The junction current in the shallow diffusion region 1 of the mold is dispersed, and the tendency for the current to concentrate locally can be avoided. That is, the charge injected by the surge can be discharged mostly at a relatively wide junction surface in the opposite direction junction between the N-type buried region 3 and the P-type semiconductor substrate 6. Experience has shown that for a 100 pF capacitor discharge, a conventional protection diode
According to this example, the limit of the destructive characteristic was 60v to 300V, but it was significantly improved to 360v to 400'V.

5.

Effects of the Invention According to the present invention, a PN junction is formed by a shallow diffusion region in a junction-separated epitaxial layer region, and a high concentration deep diffusion region is formed immediately below the epitaxial layer region surrounding this PN junction.

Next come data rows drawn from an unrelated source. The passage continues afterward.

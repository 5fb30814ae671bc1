-- ===== src/Index/Boundaries.antt =====
-- What it means that two spans lie on one side of every boundary.
use dbgscope.Base.{
  ℕ, ◌≡◌, refl, sym, ap, ◌∙◌, ◌⊎◌, inl, inr, Bool, true, false, ◌&&◌, &&-eq-true, ◌==◌, ==_iff,
  ==_refl, Option, none, some, [], ◌∷◌, get_elem?,
}
use mathlib.Core.Option
use dbgscope.Pool.{PoolKind, PoolBackend, PoolState, HeapIdentity, PoolSpan, is_chunk}
use dbgscope.Pool.Same.{
  kind_discriminant, backend_discriminant, bool_discriminant, same_heap, same_subsegment, same_kind,
  same_backend, is_allocated,
}
use dbgscope.Index.{same_boundary}

-- The state of a chunk, not of space that was not read or is not there.
abbrev pub IsChunkState : PoolState → Type 0
IsChunkState state =
    (state ≡ PoolState.allocated)
    ⊎ (state ≡ PoolState.reusable_free)
    ⊎ (state ≡ PoolState.cached_free)

-- Two chunks of one pool, node, heap, backend and subsegment.
abbrev pub Bordered : PoolSpan → PoolSpan → Type 0
Bordered left right =
    (left.pool_kind ≡ right.pool_kind)
    × (left.numa_node ≡ right.numa_node)
    × (left.heap ≡ right.heap)
    × (left.backend ≡ right.backend)
    × (left.subsegment ≡ right.subsegment)
    × IsChunkState left.state
    × IsChunkState right.state

pub Bordered-sym : (left right : PoolSpan) → Bordered left right → Bordered right left
Bordered-sym left right (kind, node, heap, backend, subsegment, l, r) =
    (sym kind, sym node, sym heap, sym backend, sym subsegment, r, l)

abbrev kind_of : ℕ → PoolKind
kind_of n =
    Option.get_or
      (get_elem?
        (PoolKind.non_paged_executable ∷ PoolKind.non_paged_nx ∷ PoolKind.paged
          ∷ PoolKind.prototype_paged ∷ PoolKind.special_non_paged ∷ PoolKind.special_non_paged_nx
          ∷ PoolKind.special_paged ∷ [])
        n)
      PoolKind.special_prototype_paged

kind_of-kind_discriminant : (k : PoolKind) → kind_of (kind_discriminant k) ≡ k
kind_of-kind_discriminant PoolKind.non_paged_executable = refl
kind_of-kind_discriminant PoolKind.non_paged_nx = refl
kind_of-kind_discriminant PoolKind.paged = refl
kind_of-kind_discriminant PoolKind.prototype_paged = refl
kind_of-kind_discriminant PoolKind.special_non_paged = refl
kind_of-kind_discriminant PoolKind.special_non_paged_nx = refl
kind_of-kind_discriminant PoolKind.special_paged = refl
kind_of-kind_discriminant PoolKind.special_prototype_paged = refl

same_kind_sound : (a b : PoolKind) → same_kind a b ≡ true → a ≡ b
same_kind_sound a b h =
    sym (kind_of-kind_discriminant a) ∙ ap kind_of ((==_iff _ _).0 h) ∙ kind_of-kind_discriminant b

abbrev backend_of : ℕ → PoolBackend
backend_of n =
    Option.get_or (get_elem? (PoolBackend.lfh ∷ PoolBackend.vs ∷ PoolBackend.segment ∷ []) n)
      PoolBackend.large

backend_of-backend_discriminant : (b : PoolBackend) → backend_of (backend_discriminant b) ≡ b
backend_of-backend_discriminant PoolBackend.lfh = refl
backend_of-backend_discriminant PoolBackend.vs = refl
backend_of-backend_discriminant PoolBackend.segment = refl
backend_of-backend_discriminant PoolBackend.large = refl

same_backend_sound : (a b : PoolBackend) → same_backend a b ≡ true → a ≡ b
same_backend_sound a b h =
    sym (backend_of-backend_discriminant a)
    ∙ ap backend_of ((==_iff _ _).0 h)
    ∙ backend_of-backend_discriminant b

bool_discriminant_inj : (a b : Bool) → bool_discriminant a ≡ bool_discriminant b → a ≡ b
bool_discriminant_inj false false h = refl
bool_discriminant_inj false true h = absurd (cc)
bool_discriminant_inj true false h = absurd (cc)
bool_discriminant_inj true true h = refl

same_heap_sound : (a b : HeapIdentity) → same_heap a b ≡ true → a ≡ b
same_heap_sound a b h =
    let (addresses, special) = &&-eq-true (a.pool_state == b.pool_state && a.heap == b.heap) _ h in
    let (pool_state, heap) = &&-eq-true (a.pool_state == b.pool_state) _ addresses in
    λ i. record {
      pool_state = (==_iff _ _).0 pool_state i;
      heap = (==_iff _ _).0 heap i;
      special = bool_discriminant_inj a.special b.special ((==_iff _ _).0 special) i;
    }

same_heap_self : (a : HeapIdentity) → same_heap a a ≡ true
same_heap_self a =
    rw (same_heap, ==_refl a.pool_state, ==_refl a.heap, ==_refl (bool_discriminant a.special))

same_subsegment_sound : (a b : Option ℕ) → same_subsegment a b ≡ true → a ≡ b
same_subsegment_sound none none h = refl
same_subsegment_sound none (some b) h = absurd (cc)
same_subsegment_sound (some a) none h = absurd (cc)
same_subsegment_sound (some a) (some b) h = ap some ((==_iff _ _).0 h)

same_subsegment_self : (a : Option ℕ) → same_subsegment a a ≡ true
same_subsegment_self none = refl
same_subsegment_self (some a) = ==_refl a

is_chunk_sound : (s : PoolState) → is_chunk s ≡ true → IsChunkState s
unfolding is_chunk
is_chunk_sound PoolState.allocated h = inl refl
is_chunk_sound PoolState.reusable_free h = inr (inl refl)
is_chunk_sound PoolState.cached_free h = inr (inr refl)
is_chunk_sound PoolState.unreadable h = absurd (cc)
is_chunk_sound PoolState.uncommitted h = absurd (cc)

is_chunk_complete : (s : PoolState) → IsChunkState s → is_chunk s ≡ true
unfolding is_chunk
is_chunk_complete s (inl e) = ap is_chunk e
is_chunk_complete s (inr (inl e)) = ap is_chunk e
is_chunk_complete s (inr (inr e)) = ap is_chunk e

pub same_boundary_sound :
    (left right : PoolSpan) → same_boundary left right ≡ true → Bordered left right
unfolding same_boundary
same_boundary_sound left right h =
    let (h6, r) = &&-eq-true _ (is_chunk right.state) h in
    let (h5, l) = &&-eq-true _ (is_chunk left.state) h6 in
    let (h4, subsegment) = &&-eq-true _ (same_subsegment left.subsegment right.subsegment) h5 in
    let (h3, backend) = &&-eq-true _ (same_backend left.backend right.backend) h4 in
    let (h2, heap) = &&-eq-true _ (same_heap left.heap right.heap) h3 in
    let (kind, node) = &&-eq-true _ (left.numa_node == right.numa_node) h2 in
    (
      same_kind_sound left.pool_kind right.pool_kind kind,
      (==_iff _ _).0 node,
      same_heap_sound left.heap right.heap heap,
      same_backend_sound left.backend right.backend backend,
      same_subsegment_sound left.subsegment right.subsegment subsegment,
      is_chunk_sound left.state l,
      is_chunk_sound right.state r,
    )

pub same_boundary_complete :
    (left right : PoolSpan) → Bordered left right → same_boundary left right ≡ true
unfolding same_boundary
same_boundary_complete left right (kind, node, heap, backend, subsegment, l, r) = rw (
  sym kind,
  sym node,
  sym heap,
  sym backend,
  sym subsegment,
  ==_refl (kind_discriminant left.pool_kind),
  ==_refl left.numa_node,
  same_heap_self left.heap,
  ==_refl (backend_discriminant left.backend),
  same_subsegment_self left.subsegment,
  is_chunk_complete left.state l,
  is_chunk_complete right.state r,
)

-- `is_allocated` is the derived comparison with `Allocated`.
pub is_allocated_sound : (s : PoolState) → is_allocated s ≡ true → s ≡ PoolState.allocated
is_allocated_sound PoolState.allocated h = refl
is_allocated_sound PoolState.reusable_free h = absurd (cc)
is_allocated_sound PoolState.cached_free h = absurd (cc)
is_allocated_sound PoolState.unreadable h = absurd (cc)
is_allocated_sound PoolState.uncommitted h = absurd (cc)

By forming the PN junction deep enough to reach the buried region, the injected charge when receiving a surge voltage through the PN junction is discharged by breakdown at the wide-area junction surface between the buried region and the substrate, thereby reducing parasitic Current concentration does not occur locally in the PN junction due to the lateral bipolar transistor effect, and therefore local junction breakdown is eliminated, resulting in high performance and
High stability is ensured.

[Brief explanation of drawings]

FIG. 1 is a cross-sectional view showing the structure of a conventional positive-polarity surge protection diode, and FIG. 2 is a cross-sectional view showing the structure of the positive-polarity surge protection diode of the present invention. 1...Shallow P-type diffusion region, 2...N-type epitaxial layer region, 3...N-type buried region, 4...P-type isolation diffusion region , 6...
P-type substrate, 6. Parasitic 61, di-horizontal PNP) transistor, 7... Deep N-type diffusion region.

Claims (2)

[Claims] (1) - Having a buried region of the opposite conductivity type and a junction-separated epitaxial layer region in a semiconductor substrate of a conductivity type, and a shallow diffusion region of the same conductivity type as the substrate in the epitaxial layer stack, and this shallow diffusion region. and a deep diffusion region of opposite conductivity type that surrounds and reaches the buried region. (2) Epitaxial layer region is N type and shallow diffusion region
. 2. The protection diode according to claim 1, wherein the region is P-type.